--- Entries shown Enclosed Below ---
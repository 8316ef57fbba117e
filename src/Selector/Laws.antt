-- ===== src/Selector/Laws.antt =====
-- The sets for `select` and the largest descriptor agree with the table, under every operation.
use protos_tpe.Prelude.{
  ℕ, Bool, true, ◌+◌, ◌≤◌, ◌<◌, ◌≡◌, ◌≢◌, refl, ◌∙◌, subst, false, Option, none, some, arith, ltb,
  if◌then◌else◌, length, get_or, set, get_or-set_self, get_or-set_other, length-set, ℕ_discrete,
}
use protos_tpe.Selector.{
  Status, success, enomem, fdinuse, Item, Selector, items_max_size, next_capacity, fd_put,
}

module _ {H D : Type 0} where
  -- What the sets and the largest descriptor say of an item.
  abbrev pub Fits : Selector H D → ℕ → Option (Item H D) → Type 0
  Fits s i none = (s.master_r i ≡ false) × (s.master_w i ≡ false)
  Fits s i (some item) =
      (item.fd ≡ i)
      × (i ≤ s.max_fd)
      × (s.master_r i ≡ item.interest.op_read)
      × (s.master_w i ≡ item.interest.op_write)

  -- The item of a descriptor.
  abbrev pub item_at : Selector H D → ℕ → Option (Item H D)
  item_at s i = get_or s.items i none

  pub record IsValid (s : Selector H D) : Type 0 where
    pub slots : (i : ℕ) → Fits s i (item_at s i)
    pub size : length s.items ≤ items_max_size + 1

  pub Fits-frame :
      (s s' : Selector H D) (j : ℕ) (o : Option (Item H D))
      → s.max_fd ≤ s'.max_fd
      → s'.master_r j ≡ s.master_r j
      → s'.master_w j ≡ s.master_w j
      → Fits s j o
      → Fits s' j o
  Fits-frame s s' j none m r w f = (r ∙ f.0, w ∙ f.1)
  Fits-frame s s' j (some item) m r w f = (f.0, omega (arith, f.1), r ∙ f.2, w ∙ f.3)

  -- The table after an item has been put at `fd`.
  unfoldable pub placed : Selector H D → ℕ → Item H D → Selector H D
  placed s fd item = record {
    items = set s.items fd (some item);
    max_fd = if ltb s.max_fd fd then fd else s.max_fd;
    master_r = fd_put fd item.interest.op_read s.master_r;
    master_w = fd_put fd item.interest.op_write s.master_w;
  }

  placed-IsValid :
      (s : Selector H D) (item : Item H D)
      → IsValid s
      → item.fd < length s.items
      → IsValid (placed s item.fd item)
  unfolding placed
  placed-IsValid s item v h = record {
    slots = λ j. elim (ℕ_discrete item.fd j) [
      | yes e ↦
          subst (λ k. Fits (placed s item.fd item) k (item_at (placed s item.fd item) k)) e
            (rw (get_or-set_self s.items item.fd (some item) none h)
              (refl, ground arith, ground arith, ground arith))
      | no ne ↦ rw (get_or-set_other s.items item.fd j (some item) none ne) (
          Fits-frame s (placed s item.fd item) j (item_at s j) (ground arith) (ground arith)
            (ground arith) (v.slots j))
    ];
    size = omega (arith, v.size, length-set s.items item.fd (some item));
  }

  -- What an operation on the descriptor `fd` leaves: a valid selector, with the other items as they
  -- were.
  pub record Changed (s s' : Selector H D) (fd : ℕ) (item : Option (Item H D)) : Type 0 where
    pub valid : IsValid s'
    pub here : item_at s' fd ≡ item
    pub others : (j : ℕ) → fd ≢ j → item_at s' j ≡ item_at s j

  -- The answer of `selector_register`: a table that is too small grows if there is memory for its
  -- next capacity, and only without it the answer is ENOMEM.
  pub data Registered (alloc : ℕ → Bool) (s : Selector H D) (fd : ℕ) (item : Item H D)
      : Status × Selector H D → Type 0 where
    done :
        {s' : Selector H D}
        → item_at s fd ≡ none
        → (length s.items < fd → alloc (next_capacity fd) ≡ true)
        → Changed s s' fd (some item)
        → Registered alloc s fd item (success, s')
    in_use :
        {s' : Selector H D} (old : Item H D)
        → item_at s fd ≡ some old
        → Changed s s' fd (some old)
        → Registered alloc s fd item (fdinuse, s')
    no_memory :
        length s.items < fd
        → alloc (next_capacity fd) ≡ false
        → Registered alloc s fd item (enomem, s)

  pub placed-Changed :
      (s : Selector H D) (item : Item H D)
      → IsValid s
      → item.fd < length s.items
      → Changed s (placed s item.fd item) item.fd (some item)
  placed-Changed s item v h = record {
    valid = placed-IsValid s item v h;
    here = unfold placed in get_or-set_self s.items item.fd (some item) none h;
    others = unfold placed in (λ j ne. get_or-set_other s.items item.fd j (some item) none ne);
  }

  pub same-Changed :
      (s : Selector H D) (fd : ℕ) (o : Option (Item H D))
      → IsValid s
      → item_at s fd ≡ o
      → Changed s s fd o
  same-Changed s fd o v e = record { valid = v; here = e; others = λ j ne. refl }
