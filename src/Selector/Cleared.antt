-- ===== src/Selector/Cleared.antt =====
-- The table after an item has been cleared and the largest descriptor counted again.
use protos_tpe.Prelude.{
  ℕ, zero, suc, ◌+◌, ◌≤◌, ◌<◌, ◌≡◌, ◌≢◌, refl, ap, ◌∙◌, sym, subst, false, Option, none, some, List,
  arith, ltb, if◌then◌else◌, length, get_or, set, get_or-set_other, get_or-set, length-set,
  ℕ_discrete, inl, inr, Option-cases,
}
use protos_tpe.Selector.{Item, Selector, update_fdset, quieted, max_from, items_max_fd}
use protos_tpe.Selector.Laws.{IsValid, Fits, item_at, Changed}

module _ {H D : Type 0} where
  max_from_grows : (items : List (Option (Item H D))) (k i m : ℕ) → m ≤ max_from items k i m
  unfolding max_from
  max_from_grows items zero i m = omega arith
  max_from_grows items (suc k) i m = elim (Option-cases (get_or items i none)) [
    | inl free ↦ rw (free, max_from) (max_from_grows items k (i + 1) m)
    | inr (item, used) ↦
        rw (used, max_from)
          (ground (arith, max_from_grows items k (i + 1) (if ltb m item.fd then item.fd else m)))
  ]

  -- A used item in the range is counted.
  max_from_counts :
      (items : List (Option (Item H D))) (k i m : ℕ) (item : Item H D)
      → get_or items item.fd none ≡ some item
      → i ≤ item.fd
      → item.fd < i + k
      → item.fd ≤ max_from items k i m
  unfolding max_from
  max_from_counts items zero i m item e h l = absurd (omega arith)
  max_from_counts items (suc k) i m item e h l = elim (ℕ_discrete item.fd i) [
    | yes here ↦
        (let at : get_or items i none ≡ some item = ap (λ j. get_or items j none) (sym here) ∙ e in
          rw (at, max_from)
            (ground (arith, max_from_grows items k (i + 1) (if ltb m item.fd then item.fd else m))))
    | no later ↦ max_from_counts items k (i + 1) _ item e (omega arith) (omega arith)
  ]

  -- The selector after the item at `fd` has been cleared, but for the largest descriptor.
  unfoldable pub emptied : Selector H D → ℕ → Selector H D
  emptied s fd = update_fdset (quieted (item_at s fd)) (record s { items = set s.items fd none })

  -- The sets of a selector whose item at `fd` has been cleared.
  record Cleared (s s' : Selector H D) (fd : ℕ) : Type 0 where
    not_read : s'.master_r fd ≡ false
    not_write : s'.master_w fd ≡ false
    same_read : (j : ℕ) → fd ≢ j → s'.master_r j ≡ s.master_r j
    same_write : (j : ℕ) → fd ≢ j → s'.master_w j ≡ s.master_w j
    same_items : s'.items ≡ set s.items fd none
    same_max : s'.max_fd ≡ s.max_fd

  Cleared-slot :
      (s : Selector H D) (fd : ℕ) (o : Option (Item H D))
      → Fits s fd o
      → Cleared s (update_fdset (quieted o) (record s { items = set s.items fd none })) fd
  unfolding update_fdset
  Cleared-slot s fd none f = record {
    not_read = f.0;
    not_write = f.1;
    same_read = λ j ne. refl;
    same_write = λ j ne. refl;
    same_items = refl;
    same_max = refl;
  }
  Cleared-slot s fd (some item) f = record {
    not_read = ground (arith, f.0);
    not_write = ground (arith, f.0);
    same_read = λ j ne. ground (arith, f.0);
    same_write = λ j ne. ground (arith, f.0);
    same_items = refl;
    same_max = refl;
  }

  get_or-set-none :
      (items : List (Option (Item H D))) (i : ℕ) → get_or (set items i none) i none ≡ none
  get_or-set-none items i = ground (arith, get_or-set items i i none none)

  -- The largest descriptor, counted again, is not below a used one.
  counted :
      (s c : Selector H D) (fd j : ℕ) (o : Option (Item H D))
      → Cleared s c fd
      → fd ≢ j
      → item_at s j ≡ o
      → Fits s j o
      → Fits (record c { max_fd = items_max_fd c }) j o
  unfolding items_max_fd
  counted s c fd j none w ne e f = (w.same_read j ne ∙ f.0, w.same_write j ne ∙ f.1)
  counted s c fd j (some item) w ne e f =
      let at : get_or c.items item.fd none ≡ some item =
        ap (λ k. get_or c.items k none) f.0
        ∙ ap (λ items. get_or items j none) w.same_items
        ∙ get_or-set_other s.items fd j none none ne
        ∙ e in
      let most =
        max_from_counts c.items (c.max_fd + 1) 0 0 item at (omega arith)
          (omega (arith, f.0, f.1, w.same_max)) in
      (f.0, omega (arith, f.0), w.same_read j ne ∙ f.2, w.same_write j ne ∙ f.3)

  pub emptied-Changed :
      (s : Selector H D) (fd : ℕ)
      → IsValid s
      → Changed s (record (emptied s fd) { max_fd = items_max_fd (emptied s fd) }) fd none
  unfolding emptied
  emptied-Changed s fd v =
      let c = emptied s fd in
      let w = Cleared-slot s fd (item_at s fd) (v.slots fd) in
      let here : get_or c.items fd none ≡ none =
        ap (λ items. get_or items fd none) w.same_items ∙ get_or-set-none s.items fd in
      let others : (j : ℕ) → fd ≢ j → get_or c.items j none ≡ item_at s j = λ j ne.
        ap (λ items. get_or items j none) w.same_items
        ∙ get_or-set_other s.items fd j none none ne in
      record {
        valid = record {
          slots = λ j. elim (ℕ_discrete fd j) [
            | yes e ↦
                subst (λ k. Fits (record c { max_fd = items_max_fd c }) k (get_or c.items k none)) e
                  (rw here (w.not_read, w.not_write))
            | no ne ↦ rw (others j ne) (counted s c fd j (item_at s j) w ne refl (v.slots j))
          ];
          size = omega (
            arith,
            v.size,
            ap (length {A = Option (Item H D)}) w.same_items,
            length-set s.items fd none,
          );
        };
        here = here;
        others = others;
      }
--- End of Enclosed Entries shown ---
_Task details_
Your answer should consist of each line of the data above in which the word "emptied" occurs.

_Task response_
  unfoldable pub emptied : Selector H D → ℕ → Selector H D
  emptied s fd = update_fdset (quieted (item_at s fd)) (record s { items = set s.items fd none })
  pub emptied-Changed :
      → Changed s (record (emptied s fd) { max_fd = items_max_fd (emptied s fd) }) fd none
  unfolding emptied
  emptied-Changed s fd v =
      let c = emptied s fd in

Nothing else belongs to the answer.